Nobel ve Lenin ödüllü yazar Şolohov’un Uyandırılmış Toprak romanı, Sovyet edebiyatını temsil edebilecek nitelikte büyük bir yapıttır.
Durgun Don’da Ekim Devrimi ve iç savaş yıllarını betimleyen Şolohov, sanatsal duyarlılığıyla bu kez Sovyetler Birliği’ndeki tarımsal kolektifleştirme sürecine bakıyor. Bolşeviklerin iktidara gelişi, kırsaldaki sınıfsal yapıları yerinden oynatmış olsa da tam anlamıyla çözememiştir. Büyük toprak sahipleri (Kulaklar), sosyalizmin ve kolhozların kuruluşuna mülkiyet hırsıyla direnirken, orta halli köylünün bir kısmı da Kulakları takip etme eğilimindedir. Yoksul köylülerin ve Bolşeviklerin önünde, tarımsal üretimi artırmak için iki seçenek vardır: Kulakları yavaş yavaş sindirmek ya da zararlı bitkiler gibi kökleriyle koparmak.
Uyandırılmış Toprak’ta Şolohov, Don Kazaklarının yaşadığı köydeki sınıf mücadelesini hikâye etmekle kalmıyor, roman kişilerinin toprakla, doğayla olan ilişkilerini, emek dolayımıyla kurulan toplumsallığı da sevecen, yer yer mizahi bir dille aktarıyor.
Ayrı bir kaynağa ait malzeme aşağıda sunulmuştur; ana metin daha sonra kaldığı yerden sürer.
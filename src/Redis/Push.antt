-- ===== src/Redis/Push.antt =====
-- sentinel_redis.c: the flush of the push ring. `render` is what `%T` prints for a time.
use nginx_http_sentinel_modu.Prelude.{
  ℕ, zero, suc, ◌+◌, ◌-◌, Bool, true, false, List, [], ◌∷◌, ◌++◌, Option, none, some, leb, ◌==◌,
  ◌&&◌, ◌||◌, if◌then◌else◌, length, take, Bytes, codes,
}
use nginx_http_sentinel_modu.Score.{cs_captcha, cs_throttle}
use nginx_http_sentinel_modu.Ring.{push_ring, Entry, Ring, dequeue_locked}
use nginx_http_sentinel_modu.Redis.{Client, World, RedisConf, Command, publish, is_up}
use nginx_http_sentinel_modu.Redis.Pull.{ban_infix}

-- `sentinel_redis_action_str`
unfoldable pub action_str : ℕ → Bytes
action_str action =
    if action == cs_captcha
    then codes "captcha"
    else if action == cs_throttle
    then codes "throttle"
    else codes "ban"

-- The key and the value in their buffers.
abbrev ban_key : ℕ → Bytes → Bytes → Bytes
ban_key strlen prefix ip = take (strlen + 64) (prefix ++ (ban_infix ++ ip))

abbrev ban_text : (ℕ → Bytes) → ℕ → ℕ → Bytes
ban_text render action expiry = take 64 (action_str action ++ (32 ∷ render expiry))

-- The SET command for an entry, unless its address does not fit or it has run out. The cast of the
-- remaining time to `int` is not written: an entry that is enqueued has at most the configured time,
-- which the merge bounds by 86400.
unfoldable pub set_command : ℕ → (ℕ → Bytes) → Bytes → ℕ → Entry → Option Command
set_command strlen render prefix now e =
    if length e.ip == 0 || leb strlen (length e.ip)
    then none
    else if leb e.expiry now
    then none
    else some
        (publish (ban_key strlen prefix e.ip) (ban_text render e.action e.expiry) (e.expiry - now))

-- The loop of the flush: the ring, the commands taken so far, how many these are, and whether it
-- has ended.
pub record Drain : Type 0 where
  pub ring : Ring
  pub commands : List Command
  pub drained : ℕ
  pub ended : Bool

abbrev pub issue : World → Option Command → Drain → Drain
issue w none d = d
issue w (some cmd) d =
    if w.accepts cmd
    then record d {
      commands = d.commands ++ (cmd ∷ []);
      drained = suc d.drained;
      ended = leb push_ring (suc d.drained);
    }
    else record d { ended = true }

module _ (strlen : ℕ) (render : ℕ → Bytes) (w : World) (prefix : Bytes) (now : ℕ) where
  -- One round, from what the ring gives.
  abbrev pub flush_entry : Option Entry → Drain → Drain
  flush_entry none d = record d { ended = true }
  flush_entry (some e) d = issue w (set_command strlen render prefix now e) d

  abbrev pub flush_round : Drain → Drain
  flush_round d = let (o, r) = dequeue_locked d.ring in flush_entry o (record d { ring = r })

  unfoldable pub flush_loop : ℕ → Drain → Drain
  flush_loop zero d = d
  flush_loop (suc n) d =
      let d' = flush_round d in elim (d'.ended) [ true ↦ d' | false ↦ flush_loop n d' ]

-- The end of the loop over a ring; the rounds are one more than its slots.
abbrev pub flushed : ℕ → (ℕ → Bytes) → World → Bytes → ℕ → Ring → Drain
flushed strlen render w prefix now r =
    flush_loop strlen render w prefix now (suc push_ring)
      (record { ring = r; commands = []; drained = 0; ended = false })

-- `sentinel_redis_flush_push`
unfoldable pub flush_push :
    ℕ → (ℕ → Bytes) → World → RedisConf → ℕ → Client → Option Ring → Client × Option Ring
flush_push strlen render w conf now c none = (c, none)
flush_push strlen render w conf now c (some r) = elim (c.ac && is_up c.state) [
  | false ↦ (c, some r)
  | true ↦
      let d = flushed strlen render w conf.prefix now r in
      (record c { sent = c.sent ++ d.commands }, some d.ring)
]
Hayat koşulları ne denli zor olsa da umudu, sevgiyi ve her şeye rağmen eşitlikçi bir toplum kurma azmini öne çıkarıyor. İki ciltten oluşan, yetmiş beş dilde milyonlarca okura ulaşan bu romanı Leyla Soykut’un akıcı Türkçesiyle sunuyoruz.
Gremyaçiy Log’a geldiğinden beri iş bakımından en hareketli dönemin başlamak üzere olduğunu hissediyordu. Daha otları biçme işi bitmeden buğdayları toplama zamanı yaklaşmıştı. Kış buğdayının rengi her gün biraz daha koyulaşıyor, arpalar da hemen hemen buğdayla aynı zamanda boy atıyordu. Tarlaları gür ayrıkotları bürümeye başlamıştı. Kişi malı olan incecik tarlaların yanında, göz alabildiğine uzanan kolhoz malı mısır ve ayçiçeği tarlaları, zararlı otlarının ayaklanmasını bekliyor gibiydi. Hasat neredeyse başlayacaktı.